Allergic reactions: rhinitis, skin rash, angioedema.

Others: urinary incontinence.

Application during pregnancy and lactation

Use during pregnancy is possible if the expected benefit of therapy to the mother outweighs the potential risk to the fetus. If necessary, use during lactation, breastfeeding should be discontinued.

Application for violations of liver function

In schizophrenia with concomitant liver diseases, an initial dose of 500 mcg 2 times / day is recommended. If necessary, the dose can be increased to 1-2 mg 2 times / day.

Application for impaired renal function

In schizophrenia with concomitant kidney disease, an initial dose of 500 mcg 2 times / day is recommended. If necessary, the dose can be increased to 1-2 mg 2 times / day.

Application in children

There are no data on the safety of using risperidone in children under 15 years of age.

Use in elderly patients

In schizophrenia, for elderly patients, an initial dose of 500 mcg 2 times / day is recommended. If necessary, the dose can be increased to 1-2 mg 2 times / day.

special instructions

Use with caution in patients with diseases of the cardiovascular system (including heart failure, myocardial infarction, cardiac muscle conduction disorders), as well as dehydration, hypovolemia or cerebrovascular disorders. In this category of patients, the dose should be increased gradually.
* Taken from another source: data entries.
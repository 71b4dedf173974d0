-- ===== src/Auth/TokenService.antt =====
-- Issuing, rotating and revoking refresh tokens
-- (services/auth-service/app/services/refresh_token_service.py). What `uuid4` draws is an argument.
pub mod Checks
pub mod Spent
pub mod Kept
pub mod OneLive
pub mod Issued
pub mod Opened
pub mod Refines
pub mod Rotation
pub mod SingleUse
use backend_platform.Prelude.{
  ℕ, Bool, not, ◌||◌, Option, none, some, is_some, ltb, ◌==◌, if◌then◌else◌,
}
use backend_platform.Prelude.Text.{Text, codes, text_eq}
use backend_platform.Auth.Db.{RefreshToken}
use backend_platform.Auth.Errors.{invalid_token, token_reuse_detected}
use backend_platform.Auth.Settings.{Settings}
use backend_platform.Auth.Providers.{Providers}
use backend_platform.Auth.Jwt.{issue_access_token, issue_refresh_token}
use backend_platform.Auth.World.{
  Action, pure, raise, lift, gets, or_raise, raise_if, clock, branch, ◌>>=◌, ◌>>◌,
}
use backend_platform.Auth.RefreshClaims.{RefreshIds, refresh_ids}
use backend_platform.Auth.Repositories.RefreshTokens
use backend_platform.Auth.Repositories.Sessions

pub record TokenPair : Type 0 where
  pub access_token : Text
  pub refresh_token : Text
  pub access_expires_in : ℕ
  pub refresh_family_id : ℕ
  pub session_id : ℕ

pub record RefreshRevocationResult : Type 0 where
  pub family_id : ℕ
  pub session_id : ℕ

-- The identifiers drawn for a new session.
pub record NewSession : Type 0 where
  pub family_id : ℕ
  pub session_id : ℕ
  pub refresh_jti : ℕ
  pub access_jti : ℕ

-- `_hash_refresh_token`
unfoldable pub hash_refresh_token : Providers → Settings → Text → Text
hash_refresh_token p settings raw_token = p.hmac settings.refresh_token_hash_pepper raw_token

module _ {S : Type 0} (p : Providers) (settings : Settings) where
  unfoldable pub issue_for_user : ℕ → Option Text → Option Text → NewSession → Action S TokenPair
  issue_for_user user_id ip_address user_agent drawn = do
    now ← clock
    Sessions.create (record {
      id = drawn.session_id;
      user_id = user_id;
      refresh_family_id = drawn.family_id;
      ip_address = ip_address;
      user_agent = user_agent;
      last_seen_at = now;
      revoked_at = none;
    })
    let (refresh_token, refresh_exp) =
        issue_refresh_token p settings user_id drawn.session_id drawn.family_id drawn.refresh_jti
          now
    RefreshTokens.create (record {
      user_id = user_id;
      jti = drawn.refresh_jti;
      family_id = drawn.family_id;
      parent_jti = none;
      token_hash = hash_refresh_token p settings refresh_token;
      expires_at = refresh_exp;
      rotated_at = none;
      revoked_at = none;
      replaced_by_jti = none;
      revocation_reason = none;
      ip_address = ip_address;
      user_agent = user_agent;
    })
    let (access_token, access_expires_in) =
        issue_access_token p settings user_id drawn.session_id drawn.access_jti now
    pure (record {
      access_token = access_token;
      refresh_token = refresh_token;
      access_expires_in = access_expires_in;
      refresh_family_id = drawn.family_id;
      session_id = drawn.session_id;
    })

  -- The checks of `rotate`, up to the test for reuse.
  unfoldable pub check_rotation : Text → Action S (RefreshIds × RefreshToken)
  check_rotation raw_refresh_token = do
    now ← clock
    ids ← lift (refresh_ids p settings raw_refresh_token now)
    found ← gets (RefreshTokens.get_by_jti_for_update ids.token_jti)
    token_record ← or_raise found invalid_token
    raise_if
        (not (token_record.user_id == ids.user_id) || not (token_record.family_id == ids.family_id))
        invalid_token
    raise_if
        (not (text_eq token_record.token_hash (hash_refresh_token p settings raw_refresh_token)))
        invalid_token
    family_active ← gets (Sessions.is_family_active ids.family_id)
    raise_if (not family_active) invalid_token
    raise_if (ltb token_record.expires_at now) invalid_token
    pure (ids, token_record)

  -- The answer of `rotate` to a token that was rotated or revoked before.
  unfoldable pub reject_reuse : RefreshIds → Action S TokenPair
  reject_reuse ids = do
    RefreshTokens.revoke_family ids.family_id (codes "reuse_detected")
    Sessions.revoke_family ids.family_id
    raise (token_reuse_detected ids.session_id ids.family_id)

  -- The rest of `rotate`: the old token gives way to a new one of its family.
  unfoldable pub replace :
      RefreshIds → RefreshToken → Option Text → Option Text → ℕ → ℕ → Action S TokenPair
  replace ids token_record ip_address user_agent new_jti access_jti = do
    now ← clock
    let (new_refresh_token, new_refresh_exp) =
        issue_refresh_token p settings ids.user_id ids.session_id ids.family_id new_jti now
    RefreshTokens.mark_rotated token_record new_jti
    RefreshTokens.create (record {
      user_id = ids.user_id;
      jti = new_jti;
      family_id = ids.family_id;
      parent_jti = some token_record.jti;
      token_hash = hash_refresh_token p settings new_refresh_token;
      expires_at = new_refresh_exp;
      rotated_at = none;
      revoked_at = none;
      replaced_by_jti = none;
      revocation_reason = none;
      ip_address = ip_address;
      user_agent = user_agent;
    })
    Sessions.touch_family ids.family_id
    let (access_token, access_expires_in) =
        issue_access_token p settings ids.user_id ids.session_id access_jti now
    pure (record {
      access_token = access_token;
      refresh_token = new_refresh_token;
      access_expires_in = access_expires_in;
      refresh_family_id = ids.family_id;
      session_id = ids.session_id;
    })

  unfoldable pub rotate : Text → Option Text → Option Text → ℕ → ℕ → Action S TokenPair
  rotate raw_refresh_token ip_address user_agent new_jti access_jti = do
    checked ← check_rotation raw_refresh_token
    let (ids, token_record) = checked
    branch (is_some token_record.revoked_at || is_some token_record.rotated_at) (reject_reuse ids)
        (replace ids token_record ip_address user_agent new_jti access_jti)

  -- The checks of `revoke` on the record that the token names, and `none` where there is none.
  unfoldable pub check_record :
      Text → RefreshIds → Option RefreshToken → Action S (Option (RefreshIds × RefreshToken))
  check_record raw_refresh_token ids none = pure none
  check_record raw_refresh_token ids (some token_record) = do
    raise_if
        (not (text_eq token_record.token_hash (hash_refresh_token p settings raw_refresh_token)))
        invalid_token
    raise_if (not (token_record.family_id == ids.family_id)) invalid_token
    raise_if (not (token_record.user_id == ids.user_id)) invalid_token
    pure (some (ids, token_record))

  unfoldable pub check_revocation : Text → Action S (Option (RefreshIds × RefreshToken))
  unfolding check_record
  check_revocation raw_refresh_token = do
    now ← clock
    ids ← lift (refresh_ids p settings raw_refresh_token now)
    found ← gets (RefreshTokens.get_by_jti_for_update ids.token_jti)
    check_record raw_refresh_token ids found

  -- The writes of `revoke`.
  unfoldable pub apply_revocation :
      RefreshIds → RefreshToken → Bool → Text → Action S RefreshRevocationResult
  apply_revocation ids token_record family reason = do
    branch family
        (do RefreshTokens.revoke_family ids.family_id reason; Sessions.revoke_family ids.family_id)
        (RefreshTokens.revoke_token token_record reason)
    pure (record { family_id = ids.family_id; session_id = ids.session_id })

  unfoldable pub finish_revocation :
      Bool → Text → Option (RefreshIds × RefreshToken) → Action S (Option RefreshRevocationResult)
  finish_revocation family reason none = pure none
  finish_revocation family reason (some (ids, token_record)) = do
    result ← apply_revocation ids token_record family reason
    pure (some result)

  unfoldable pub revoke : Text → Bool → Text → Action S (Option RefreshRevocationResult)
  unfolding finish_revocation
  revoke raw_refresh_token family reason = do
    checked ← check_revocation raw_refresh_token
    finish_revocation family reason checked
The risk of developing orthostatic hypotension is especially increased during the initial period of dose selection. If hypotension occurs, dose reduction should be considered.

With the use of drugs with the properties of dopamine receptor antagonists, the occurrence of tardive dyskinesia, characterized by involuntary rhythmic movements (mainly of the tongue and / or face), was noted. There are reports that the occurrence of extrapyramidal symptoms is a risk factor for the development of tardive dyskinesia. Risperidone causes the appearance of extrapyramidal symptoms to a lesser extent than classical antipsychotics. If symptoms of tardive dyskinesia appear, consideration should be given to discontinuing all antipsychotics.
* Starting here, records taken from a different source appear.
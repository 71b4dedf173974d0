-- ===== src/Auth/BruteForce.antt =====
-- The guard against guessing (services/auth-service/app/services/brute_force_protection_service.py).
-- `hmac pepper value` is the keyed digest of core/privacy.py, a function of the standard library.

pub mod Steps
pub mod Lock
use backend_platform.Prelude.{
  ℕ, zero, suc, ◌-◌, max, Bool, Option, none, some, ltb, leb, ◌==◌, if◌then◌else◌,
}
use backend_platform.Prelude.Text.{Text, codes}
use backend_platform.Redis.{Redis, Entry, counted, get, exists}
use backend_platform.Redis.Keys.{
  Scope, login, login_account, two_factor, password_reset, password_reset_account, scope_text,
  brute_force_fail_key, brute_force_lock_key,
}
use backend_platform.Auth.Errors.{Result, ok, err, account_locked}
use backend_platform.Auth.Settings.{Settings}

pub record Policy : Type 0 where
  pub max_attempts : ℕ
  pub window_seconds : ℕ
  pub lock_seconds : ℕ

-- `_policy`; the other scopes are refused there, and none is asked for.
unfoldable pub policy : Settings → Scope → Policy
policy s login = record {
  max_attempts = s.brute_force_login_max_attempts;
  window_seconds = s.brute_force_login_window_seconds;
  lock_seconds = s.brute_force_login_lock_seconds;
}
policy s login_account = record {
  max_attempts = s.brute_force_login_max_attempts;
  window_seconds = s.brute_force_login_window_seconds;
  lock_seconds = s.brute_force_login_lock_seconds;
}
policy s two_factor = record {
  max_attempts = s.brute_force_2fa_max_attempts;
  window_seconds = s.brute_force_2fa_window_seconds;
  lock_seconds = s.brute_force_2fa_lock_seconds;
}
policy s password_reset = record {
  max_attempts = s.brute_force_password_reset_max_attempts;
  window_seconds = s.brute_force_password_reset_window_seconds;
  lock_seconds = s.brute_force_password_reset_lock_seconds;
}
policy s password_reset_account = record {
  max_attempts = s.brute_force_password_reset_max_attempts;
  window_seconds = s.brute_force_password_reset_window_seconds;
  lock_seconds = s.brute_force_password_reset_lock_seconds;
}

-- TTL key, where the key is there and expires.
abbrev seconds_left : ℕ → Option Entry → ℕ
seconds_left now none = 0
seconds_left now (some e) = elim e.deadline [ none ↦ 0 | some t ↦ t - now ]

module _ {S : Type 0} (redis : Redis S) (hmac : Text → Text → Text) (settings : Settings) where
  -- `_identifier_digest`
  unfoldable pub identifier_digest : Text → Text
  identifier_digest identifier = hmac settings.privacy_key_pepper identifier

  unfoldable pub assert_not_locked : Scope → Text → ℕ → S → Result (Unit {0})
  unfolding identifier_digest
  assert_not_locked scope identifier now s =
      let lock_key = brute_force_lock_key (scope_text scope) (identifier_digest identifier) in
      if exists redis s now lock_key
      then err (account_locked (max (seconds_left now (get redis s now lock_key)) 1))
      else ok tt

  -- The number of failures, and the state after it.
  unfoldable pub record_failure : Scope → Text → ℕ → S → ℕ × S
  unfolding identifier_digest policy
  record_failure scope identifier now s =
      let p = policy settings scope in
      let key_identifier = identifier_digest identifier in
      let fail_key = brute_force_fail_key (scope_text scope) key_identifier in
      let lock_key = brute_force_lock_key (scope_text scope) key_identifier in
      let s1 = redis.incr s now fail_key in
      let attempts = counted (get redis s1 now fail_key) in
      let s2 = if attempts == 1 then redis.expire s1 now fail_key p.window_seconds else s1 in
      let s3 =
        if leb p.max_attempts attempts
        then redis.delete (redis.set s2 now lock_key (codes "1") p.lock_seconds) fail_key
        else s2 in
      (attempts, s3)

  unfoldable pub clear_failures : Scope → Text → S → S
  unfolding identifier_digest
  clear_failures scope identifier s =
      let key_identifier = identifier_digest identifier in
      let fail_key = brute_force_fail_key (scope_text scope) key_identifier in
      let lock_key = brute_force_lock_key (scope_text scope) key_identifier in
      redis.delete (redis.delete s fail_key) lock_key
If NMS develops, it is necessary to discontinue all antipsychotics, including risperidone.

Risperidone should be used with caution in patients with Parkinson's disease, since it is theoretically possible to worsen this disease.
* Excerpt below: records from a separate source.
-- ===== src/Auth/Events.antt =====
-- The audit trail of the service (services/auth-service/app/services/audit_service.py): an event
-- is added to the session with its payload sanitised.
use backend_platform.Prelude.{ℕ, Option, [], ◌∷◌, ◌++◌}
use backend_platform.Prelude.Text.{Text}
use backend_platform.Audit.{plain, Fields, end, field, sanitize_payload}
use backend_platform.Auth.World.{Action, modify}

-- {key: text}
abbrev pub entry : Text → Text → Fields
entry key text = field key (plain text) end

unfoldable pub log_event :
    {S : Type 0}
    → Text
    → Text
    → Option ℕ
    → Option ℕ
    → Option Text
    → Option Text
    → Fields
    → Action S (Unit {0})
log_event event_type outcome actor_user_id target_user_id ip_address user_agent payload =
    modify λ db. record db {
      audit_events =
          db.audit_events
          ++ (record {
            event_type = event_type;
            outcome = outcome;
            actor_user_id = actor_user_id;
            target_user_id = target_user_id;
            ip_address = ip_address;
            user_agent = user_agent;
            payload = sanitize_payload payload;
          }
              ∷ []);
    }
It is known that classical antipsychotics reduce the seizure threshold. With this in mind, risperidone is recommended to be used with caution in patients with epilepsy.

Risperidone should be used with caution in combination with other centrally acting drugs.

With the abolition of carbamazepine and other inducers of hepatic enzymes, the dose of risperidone should be reviewed and, if necessary, reduced.

During the period of treatment, patients should be advised to refrain from overeating due to the possibility of increasing body weight.

There are no data on the safety of using risperidone in children under 15 years of age.

Influence on the ability to drive vehicles and use mechanisms

During the period of treatment, until the individual sensitivity to risperidone is ascertained, patients should avoid driving vehicles and other activities that require high concentration of attention and speed of psychomotor reactions.

Drug interactions

With the simultaneous use of inducers of microsomal liver enzymes, it is possible to reduce the concentration of risperidone in the blood plasma.

With simultaneous use with phenothiazine derivatives, tricyclic antidepressants and beta-blockers, an increase in the concentration of risperidone in blood plasma is possible.

With simultaneous use with carbamazepine, the concentration of risperidone in the blood plasma is significantly reduced.

With the simultaneous use of risperidone reduces the effects of levodopa and other dopamine receptor agonists.

With simultaneous use with fluoxetine, an increase in the concentration of risperidone in blood plasma is possible.